[Stored data entries]
◇ ◇ ◇ ◇ ◇ ◇ ◇
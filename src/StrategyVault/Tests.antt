-- ===== src/StrategyVault/Tests.antt =====
-- Runs of contracts/strategy-vault/src/lib.rs, and the theorems at inputs that meet their hypotheses.
use suban.Base.{◌≡◌, refl, arith, inl, true, false, some, List, [], ◌∷◌, ◌==◌, if◌then◌else◌}
use suban.Int.{pos, ◌+ℤ◌, ◌-ℤ◌, ◌*ℤ◌, ◌/ℤ◌, ◌≤ℤ◌}
use suban.Dict.{lookup, insert, nat_eq, sum_by}
use suban.Host.{Env, ok, err, history, fits_i128}
use suban.Tokens.{Chain, Balances, ledger, credit, debit}
use suban.StrategyVault.Vault.{
  Store, paused, initialize, set_strategy, set_paused, deposit, withdraw, get_state, admin_only,
  read_admin, read_asset, read_cap, read_total_assets, read_total_shares, read_paused, read_shares,
  write_shares, require_not_paused, shares_for,
}
use suban.StrategyVault.Accounts.{Request, deployed, execute, IsAtPar, moved}
use suban.StrategyVault.Par.{history-IsAtPar}
use suban.StrategyVault.Exit.{withdraw-pays}

-- The vault is 100, and only it has not signed.
abbrev env : Env
env = record {
  sequence = 10;
  timestamp = 50;
  current_contract_address = 100;
  authorized = λ a. if a == 100 then false else true;
}

abbrev purse : Balances
purse k a = if a == 100 then pos 0 else pos 1000

abbrev calls : List (Env × Request)
calls =
    (env, Request.initialize 1 20 (pos 800))
    ∷ (env, Request.set_strategy 1 30)
    ∷ (env, Request.deposit 2 (pos 500))
    ∷ (env, Request.deposit 3 (pos 300))
    ∷ (env, Request.deposit 3 (pos 1))
    ∷ (env, Request.withdraw 2 (pos 200))
    ∷ (env, Request.set_paused 1 true)
    ∷ []

abbrev vault : Store
vault = record {
  admin = some 1;
  asset = some 20;
  strategy = some 30;
  deposit_cap = some (pos 800);
  total_assets = some (pos 600);
  total_shares = some (pos 600);
  paused_flag = some true;
  shares = (2, pos 300) ∷ (3, pos 300) ∷ [];
}

-- The deposit above the cap is refused.
after_calls :
    (history (execute ledger) (record { store = deployed; tokens = purse }) calls).store ≡ vault
unfolding history execute initialize set_strategy set_paused deposit withdraw admin_only read_admin
    read_asset read_cap read_total_assets read_total_shares read_paused read_shares write_shares
    require_not_paused shares_for lookup insert fits_i128 ◌+ℤ◌ ◌-ℤ◌ ◌*ℤ◌ ◌/ℤ◌
after_calls = refl

abbrev now : Chain Store Balances
now = record { store = vault; tokens = λ k a. if a == 100 then pos 600 else pos 500 }

refused : deposit ledger env 2 (pos 1) now ≡ err paused
unfolding deposit require_not_paused read_paused
refused = refl

state_now :
    get_state now
    ≡ ok (
      (record {
        asset = 20;
        strategy = some 30;
        deposit_cap = pos 800;
        total_assets = pos 600;
        total_shares = pos 600;
        paused = true;
      }),
      now,
    )
unfolding get_state read_asset read_cap read_total_assets read_total_shares read_paused
state_now = refl

vault-IsAtPar : IsAtPar vault
unfolding sum_by read_total_shares read_total_assets read_cap ◌+ℤ◌
vault-IsAtPar = record {
  shares_nonneg = (omega arith, (omega arith, tt));
  summed = refl;
  at_par = refl;
  capped = omega arith;
  started = inl refl;
}

history-IsAtPar_example :
    IsAtPar (history (execute ledger) (record { store = deployed; tokens = purse }) calls).store
history-IsAtPar_example = history-IsAtPar ledger purse calls

enough : pos 100 ≤ℤ read_shares vault 3
unfolding read_shares lookup
enough = omega arith

small : fits_i128 (pos 100 *ℤ read_total_assets vault) ≡ true
unfolding fits_i128 read_total_assets ◌*ℤ◌
small = refl

withdraw-pays_example :
    withdraw ledger env 3 (pos 100) now
    ≡ ok (
      pos 100,
      record {
        store =
            moved vault 3
              (read_shares vault 3 -ℤ pos 100)
              (read_total_assets vault -ℤ pos 100)
              (read_total_shares vault -ℤ pos 100);
        tokens = credit 20 3 (pos 100) (debit 20 100 (pos 100) now.tokens);
      },
    )
withdraw-pays_example =
    withdraw-pays ledger env now vault-IsAtPar 3 20 (pos 100)
      (credit 20 3 (pos 100) (debit 20 100 (pos 100) now.tokens)) refl (omega arith) enough small
      refl refl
◇ ◇ ◇ ◇ ◇ ◇ ◇
### PROBLEM TO WORK ON:
Would you return all of the data exactly as given?

### SOLUTION FOR THIS EXERCISE:
filename src/StrategyVault/Tests.antt
-- ===== src/StrategyVault/Tests.antt =====
-- Runs of contracts/strategy-vault/src/lib.rs, and the theorems at inputs that meet their hypotheses.
use suban.Base.{◌≡◌, refl, arith, inl, true, false, some, List, [], ◌∷◌, ◌==◌, if◌then◌else◌}
use suban.Int.{pos, ◌+ℤ◌, ◌-ℤ◌, ◌*ℤ◌, ◌/ℤ◌, ◌≤ℤ◌}
use suban.Dict.{lookup, insert, nat_eq, sum_by}
use suban.Host.{Env, ok, err, history, fits_i128}
use suban.Tokens.{Chain, Balances, ledger, credit, debit}
use suban.StrategyVault.Vault.{
  Store, paused, initialize, set_strategy, set_paused, deposit, withdraw, get_state, admin_only,
  read_admin, read_asset, read_cap, read_total_assets, read_total_shares, read_paused, read_shares,
  write_shares, require_not_paused, shares_for,
}
use suban.StrategyVault.Accounts.{Request, deployed, execute, IsAtPar, moved}
use suban.StrategyVault.Par.{history-IsAtPar}
use suban.StrategyVault.Exit.{withdraw-pays}

-- The vault is 100, and only it has not signed.
abbrev env : Env
env = record {
  sequence = 10;
  timestamp = 50;
  current_contract_address = 100;
  authorized = λ a. if a == 100 then false else true;
}

abbrev purse : Balances
purse k a = if a == 100 then pos 0 else pos 1000

abbrev calls : List (Env × Request)
calls =
    (env, Request.initialize 1 20 (pos 800))
    ∷ (env, Request.set_strategy 1 30)
    ∷ (env, Request.deposit 2 (pos 500))
    ∷ (env, Request.deposit 3 (pos 300))
    ∷ (env, Request.deposit 3 (pos 1))
    ∷ (env, Request.withdraw 2 (pos 200))
    ∷ (env, Request.set_paused 1 true)
    ∷ []

abbrev vault : Store
vault = record {
  admin = some 1;
  asset = some 20;
  strategy = some 30;
  deposit_cap = some (pos 800);
  total_assets = some (pos 600);
  total_shares = some (pos 600);
  paused_flag = some true;
  shares = (2, pos 300) ∷ (3, pos 300) ∷ [];
}

-- The deposit above the cap is refused.
after_calls :
    (history (execute ledger) (record { store = deployed; tokens = purse }) calls).store ≡ vault
unfolding history execute initialize set_strategy set_paused deposit withdraw admin_only read_admin
    read_asset read_cap read_total_assets read_total_shares read_paused read_shares write_shares
    require_not_paused shares_for lookup insert fits_i128 ◌+ℤ◌ ◌-ℤ◌ ◌*ℤ◌ ◌/ℤ◌
after_calls = refl

abbrev now : Chain Store Balances
now = record { store = vault; tokens = λ k a. if a == 100 then pos 600 else pos 500 }

refused : deposit ledger env 2 (pos 1) now ≡ err paused
unfolding deposit require_not_paused read_paused
refused = refl

state_now :
    get_state now
    ≡ ok (
      (record {
        asset = 20;
        strategy = some 30;
        deposit_cap = pos 800;
        total_assets = pos 600;
        total_shares = pos 600;
        paused = true;
      }),
      now,
    )
unfolding get_state read_asset read_cap read_total_assets read_total_shares read_paused
state_now = refl

vault-IsAtPar : IsAtPar vault
unfolding sum_by read_total_shares read_total_assets read_cap ◌+ℤ◌
vault-IsAtPar = record {
  shares_nonneg = (omega arith, (omega arith, tt));
  summed = refl;
  at_par = refl;
  capped = omega arith;
  started = inl refl;
}

history-IsAtPar_example :
    IsAtPar (history (execute ledger) (record { store = deployed; tokens = purse }) calls).store
history-IsAtPar_example = history-IsAtPar ledger purse calls

enough : pos 100 ≤ℤ read_shares vault 3
unfolding read_shares lookup
enough = omega arith

small : fits_i128 (pos 100 *ℤ read_total_assets vault) ≡ true
unfolding fits_i128 read_total_assets ◌*ℤ◌
small = refl

withdraw-pays_example :
    withdraw ledger env 3 (pos 100) now
    ≡ ok (
      pos 100,
      record {
        store =
            moved vault 3
              (read_shares vault 3 -ℤ pos 100)
              (read_total_assets vault -ℤ pos 100)
              (read_total_shares vault -ℤ pos 100);
        tokens = credit 20 3 (pos 100) (debit 20 100 (pos 100) now.tokens);
      },
    )
withdraw-pays_example =
    withdraw-pays ledger env now vault-IsAtPar 3 20 (pos 100)
      (credit 20 3 (pos 100) (debit 20 100 (pos 100) now.tokens)) refl (omega arith) enough small
      refl refl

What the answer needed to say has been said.